The P&C market is still hard, but Intact CEO Charles Brindamour sees signs of a possible market cycle change, he shared during a fireside chat at the National Bank of Canada’s Financial Services Conference.
“If you look at the headwinds that the industry is battling to a certain extent…in aggregate, they’re generating a continuation of the hard market,” said Brindamour. However, he finds the tailwinds (including industry profitability and new capital) are greater than the headwinds (which include inflation, the cost of reinsurance and natural disasters), which might lead to softer conditions ahead.
Examining the headwinds, signs of relief from high inflation are on the horizon, he observed.
“Inflation…is not [occurring] to the same degree [in] automobile insurance, but still you’re easily in the mid-single-digit zone, particularly in property,” he said. In personal auto, Intact’s rate increases are in the upper single-digit range.
“Bear in mind that there’s seasonality, especially in winter months,” said Brindamour of auto premiums. “But there are a number of moving pieces here that one needs to understand. We expect severity to abate as we’ve observed towards the end of 2022. We expect that to take place in 2023, and so far, so good.
“Indeed, with rates being written in the upper single digit range — obviously, we’re already sub-95 [combined ratio] in terms of run rate [which predicts future financial performance assuming current conditions remain the same] — so clearly with inflation abating, rates moving up, that gives us a good degree of confidence in the guidance.
“Frequency, or number of [auto] claims, is below what we’re pricing for at the moment,” said Brindamour. “Our guidance expects that frequency will move upward. That is, to a certain extent, if severity was not to abate at the speed we expect, we have a bit of a safeguard in terms of inflation.”
The cost of reinsurance is also contributing to hard market conditions for Canada’s P&C insurers, Brindamour said.

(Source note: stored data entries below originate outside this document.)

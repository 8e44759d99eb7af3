-- ===== src/Receiver/Reader.antt =====
-- tssd/rbuffer.go: `ExtractReader`, over an io.Reader.
use tssdgo.Prelude.{
  arith, ne→==, ℕ, zero, suc, ◌<◌, ◌≡◌, inl, inr, refl, Bool, true, false, ◌||◌, Option, none, some,
  List, [], length, ltb, if◌then◌else◌, ◌==◌, Bool-cases,
}
use tssdgo.Wire.{
  Error, Result, ok, err, panic, beyond, stuck, ◌>>=◌, buffer_mtu, fragment_min_header_size,
}
use tssdgo.Receiver.{RBuffer, Step, at_most}
use tssdgo.Receiver.Extract.{extract, take_fragment, is_insufficient}
use tssdgo.Receiver.Route.{push_fragment}
use tssdgo.Receiver.Progress.{Asks, Asks-extract}

abbrev pub no_error : Option Error → Bool
no_error none = true
no_error (some e) = false

-- What the loop over the fragments leaves: `more`, `exit`, `got`, the error that is returned at
-- once, and the receiver.
pub record Drained : Type 0 where
  pub more : ℕ
  pub exit : Bool
  pub got : Bool
  pub returned : Option Error
  pub receiver : RBuffer

module _ (index : List (List ℕ × (List ℕ × List ℕ))) (parse : List ℕ → Option ℕ)
    (checksum_func : List ℕ → List ℕ) where
  -- Behind `Extract`: an error ends the loop, and a fragment goes to `Push`.
  abbrev pub handle :
      (Bool → Bool → RBuffer → Result Drained)
      → Bool
      → Bool
      → ℕ × Option Error × RBuffer
      → Result Drained
  handle again exit got (more, some e, r) =
      if is_insufficient e
      then ok (record { more = more; exit = exit; got = got; returned = none; receiver = r })
      else ok (record { more = more; exit = exit; got = got; returned = some e; receiver = r })
  handle again exit got (more, none, r) = take_fragment parse checksum_func r >>= λ (f, r1).
      let (answer, r2) = push_fragment index f r1 in
      again (no_error answer) (got || no_error answer) r2

  -- The inner loop.
  unfoldable pub drain : ℕ → List ℕ → Bool → Bool → RBuffer → Result Drained
  drain zero chunk exit got r = stuck
  drain (suc fuel) chunk exit got r =
      extract parse checksum_func chunk r >>= handle (λ x g r1. drain fuel [] x g r1) exit got

  -- `Read` of the reader, with the number of bytes that there is room for: the bytes, the error, and
  -- the reader.
  module _ (Reader : Type 0) (read : ℕ → Reader → List ℕ × Option Error × Reader) where
    abbrev pub is_end : List ℕ → Bool
    is_end bs = length bs == 0

    abbrev pub last_error : Bool → Option Error → Option Error
    last_error true e = none
    last_error false e = e

    -- Behind the inner loop, with the error of the last `Read`.
    abbrev pub next_read :
        (ℕ → Bool → RBuffer → Reader → Option Error → Result (Option Error × RBuffer × Reader))
        → Option Error
        → Reader
        → Drained
        → Result (Option Error × RBuffer × Reader)
    next_read again e s d = elim d.returned [
      | some x ↦ ok (some x, d.receiver, s)
      | none ↦
          if d.exit
          then ok (last_error d.got e, d.receiver, s)
          else again d.more d.got d.receiver s e
    ]

    -- The outer loop, on fuel: the source has no bound. `fuel` is also that of the inner loop.
    unfoldable pub extract_reader_loop :
        ℕ
        → ℕ
        → ℕ
        → Bool
        → RBuffer
        → Reader
        → Option Error
        → Result (Option Error × RBuffer × Reader)
    extract_reader_loop zero fragments more got r s e = stuck
    extract_reader_loop (suc fuel) fragments more got r s e =
        if more == 0
        then (drain fragments [] false got r
            >>= next_read (λ m g r1 s1 e1. extract_reader_loop fuel fragments m g r1 s1 e1) e s)
        else (let (bs, e1, s1) = read (at_most buffer_mtu more) s in
            drain fragments bs (is_end bs) got r
            >>= next_read (λ m g r2 s2 e2. extract_reader_loop fuel fragments m g r2 s2 e2) e1 s1)

    unfoldable pub extract_reader :
        ℕ → ℕ → RBuffer → Reader → Result (Option Error × RBuffer × Reader)
    extract_reader fuel fragments r s =
        extract_reader_loop fuel fragments fragment_min_header_size false r s none

-- The loop over the fragments returns no error at once, and if it does not end the reading then it
-- wants a byte or more.
abbrev Quiet : Result Drained → Type 0
Quiet (ok d) = (d.returned ≡ none) × (0 < d.more)
Quiet _ = Unit

module _ (index : List (List ℕ × (List ℕ × List ℕ))) (parse : List ℕ → Option ℕ)
    (checksum_func : List ℕ → List ℕ) where
  Quiet->>= :
      {A : Type 0} (m : Result A) (k : A → Result Drained)
      → ((a : A) → Quiet (k a))
      → Quiet (m >>= k)
  Quiet->>= (ok a) k h = h a
  Quiet->>= (err e) k h = tt
  Quiet->>= panic k h = tt
  Quiet->>= beyond k h = tt
  Quiet->>= stuck k h = tt

  handle-Quiet :
      (again : Bool → Bool → RBuffer → Result Drained) (exit got : Bool) (s : Step)
      → ((x g : Bool) (r : RBuffer) → Quiet (again x g r))
      → Asks s
      → Quiet (s >>= handle index parse checksum_func again exit got)
  handle-Quiet again exit got (ok (more, none, r)) h k =
      Quiet->>= (take_fragment parse checksum_func r) _ λ x. h _ _ _
  handle-Quiet again exit got (ok (more, some e, r)) h k = rw (k.0) (refl, k.1)
  handle-Quiet again exit got (err e) h k = tt
  handle-Quiet again exit got panic h k = tt
  handle-Quiet again exit got beyond h k = tt
  handle-Quiet again exit got stuck h k = tt

  drain-Quiet :
      (fuel : ℕ) (chunk : List ℕ) (exit got : Bool) (r : RBuffer)
      → Quiet (drain index parse checksum_func fuel chunk exit got r)
  unfolding drain
  drain-Quiet zero chunk exit got r = tt
  drain-Quiet (suc fuel) chunk exit got r =
      handle-Quiet _ exit got (extract parse checksum_func chunk r)
        (λ x g r1. drain-Quiet fuel [] x g r1) (Asks-extract parse checksum_func chunk r)

  module _ (Reader : Type 0) (read : ℕ → Reader → List ℕ × Option Error × Reader) where
    -- A reader that was read from, each time for at least one byte, beginning as `s0`.
    pub data AskedFrom (s0 : Reader) : Reader → Type 0 where
      unasked : AskedFrom s0 s0
      asked_for : {s : Reader} (n : ℕ) → AskedFrom s0 s → 0 < n → AskedFrom s0 (read n s).2

    -- The error of the last `Read` of the run that ended with the reader `s`.
    abbrev pub IsLast : Reader → Reader → Option Error → Type 0
    IsLast s0 s none = Unit
    IsLast s0 s (some x) =
        (n : ℕ) × (s1 : Reader) × AskedFrom s0 s1
        × (0 < n)
        × ((read n s1).1 ≡ some x)
        × ((read n s1).2 ≡ s)

    abbrev pub Blames : Reader → Result (Option Error × RBuffer × Reader) → Type 0
    Blames s0 (ok (e, r, s)) = AskedFrom s0 s × IsLast s0 s e
    Blames s0 _ = Unit

    last_error-IsLast :
        (s0 s : Reader) (got : Bool) (e : Option Error)
        → IsLast s0 s e
        → IsLast s0 s (last_error index parse checksum_func Reader read got e)
    last_error-IsLast s0 s true e h = tt
    last_error-IsLast s0 s false e h = h

    next_read-Blames :
        (again : ℕ
          → Bool
          → RBuffer
          → Reader
          → Option Error
          → Result (Option Error × RBuffer × Reader))
        (e : Option Error) (s0 s : Reader) (m : Result Drained)
        → ((more : ℕ) (g : Bool) (r : RBuffer) → 0 < more → Blames s0 (again more g r s e))
        → AskedFrom s0 s
        → IsLast s0 s e
        → Quiet m
        → Blames s0 (m >>= next_read index parse checksum_func Reader read again e s)
    next_read-Blames again e s0 s (ok d) h run k (quiet, more) =
        rw quiet (elim (Bool-cases d.exit) [
          | inl y ↦ rw y (run, last_error-IsLast s0 s d.got e k)
          | inr y ↦ rw y (h d.more d.got d.receiver more)
        ])
    next_read-Blames again e s0 s (err x) h run k q = tt
    next_read-Blames again e s0 s panic h run k q = tt
    next_read-Blames again e s0 s beyond h run k q = tt
    next_read-Blames again e s0 s stuck h run k q = tt

    loop-Blames :
        (fuel fragments more : ℕ) (got : Bool) (r : RBuffer) (s0 s : Reader) (e : Option Error)
        → AskedFrom s0 s
        → 0 < more
        → Blames s0 (
            extract_reader_loop index parse checksum_func Reader read fuel fragments more got r s e)
    unfolding extract_reader_loop
    loop-Blames zero fragments more got r s0 s e run h = tt
    loop-Blames (suc fuel) fragments more got r s0 s e run h =
        let asked = at_most buffer_mtu more in
        let some_room : 0 < asked = at_most_pos more h in
        let after : AskedFrom s0 (read asked s).2 = asked_for asked run some_room in
        rw (ne→== more 0 (omega (arith, h))) (
          next_read-Blames
            (λ m g r1 s1 e1.
              extract_reader_loop index parse checksum_func Reader read fuel fragments m g r1 s1 e1)
            (read asked s).1 s0 (read asked s).2
            (drain index parse checksum_func fragments (read asked s).0
              (is_end index parse checksum_func Reader read (read asked s).0) got r)
            (λ m g r1 pos.
              loop-Blames fuel fragments m g r1 s0 (read asked s).2 (read asked s).1 after pos)
            after (given asked (read asked s).1 some_room refl)
            (drain-Quiet fragments (read asked s).0
              (is_end index parse checksum_func Reader read (read asked s).0) got r))
      where
        at_most_pos : (m : ℕ) → 0 < m → 0 < at_most buffer_mtu m
        at_most_pos m h = elim (Bool-cases (ltb m buffer_mtu)) [
          | inl y ↦ rw y h
          | inr y ↦ rw y (omega arith)
        ]

        given : (n : ℕ) (o : Option Error) → 0 < n → (read n s).1 ≡ o → IsLast s0 (read n s).2 o
        given n none pos e = tt
        given n (some x) pos e = (n, s, run, pos, e, refl)

    -- Whatever bytes the reader gives, damaged ones and noise included, the reader that `ExtractReader`
    -- leaves was asked for at least one byte each time, and an error that it returns is the one that
    -- the last `Read` gave.
    pub extract_reader-Blames :
        (fuel fragments : ℕ) (r : RBuffer) (s : Reader)
        → Blames s (extract_reader index parse checksum_func Reader read fuel fragments r s)
    unfolding extract_reader
    extract_reader-Blames fuel fragments r s =
        loop-Blames fuel fragments fragment_min_header_size false r s s none unasked (omega arith)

“[The cost of reinsurance] is really important in commercial lines for most players and is up 25+%. This happened overnight come January 1,” Brindamour said. “We anticipated that following last year’s July renewals for reinsurance. And I think the market is slowly starting to digest the fact that prices are up, and retentions are up meaningfully as well.”
Industry headwinds include natural disasters, which have affected commercial lines as well as personal property lines. “Those three headwinds clearly will maintain a very healthy rate environment in commercial lines,” he said.
But the tailwinds of industry profitability and new capital are starting to manifest themselves, he observed.
“Industry profitability [in Canada] has been pretty good, somewhat supported by lower frequency in automobile insurance,” he said. “A few years of strong profitability in the industry tends to be the leading indicator.”
New capital coming into the market could also point to signs of a cycle change.
“Surprisingly, there is new capital coming in in the market, particularly in distribution — in particular with MGAs — and that is something that could soften, to a certain extent, the hard market.”
Interest rates are also a key indicator of a softening market.
“Many people say, ‘Well, interest rates are up, you’ve got more earnings power,’” Brindamour explained. “True statement, but even if, at the industry level, rates are up meaningfully, compared to, say, book yields, I don’t think that this is worth much more than maybe a point and a half of combined ratio.
“I think the tailwinds I’ve identified…are greater and, as a result, my expectation is that this will persist.”
For Intact, Brindamour anticipates a strong performance in the coming year.
“Our outperformance position is really good,” he said. “Our performance in commercial lines and in personal lines—but in particular in commercial lines—is very strong. A hard pricing environment with very strong outperformance coming in is, in my mind, an excellent position to be in.”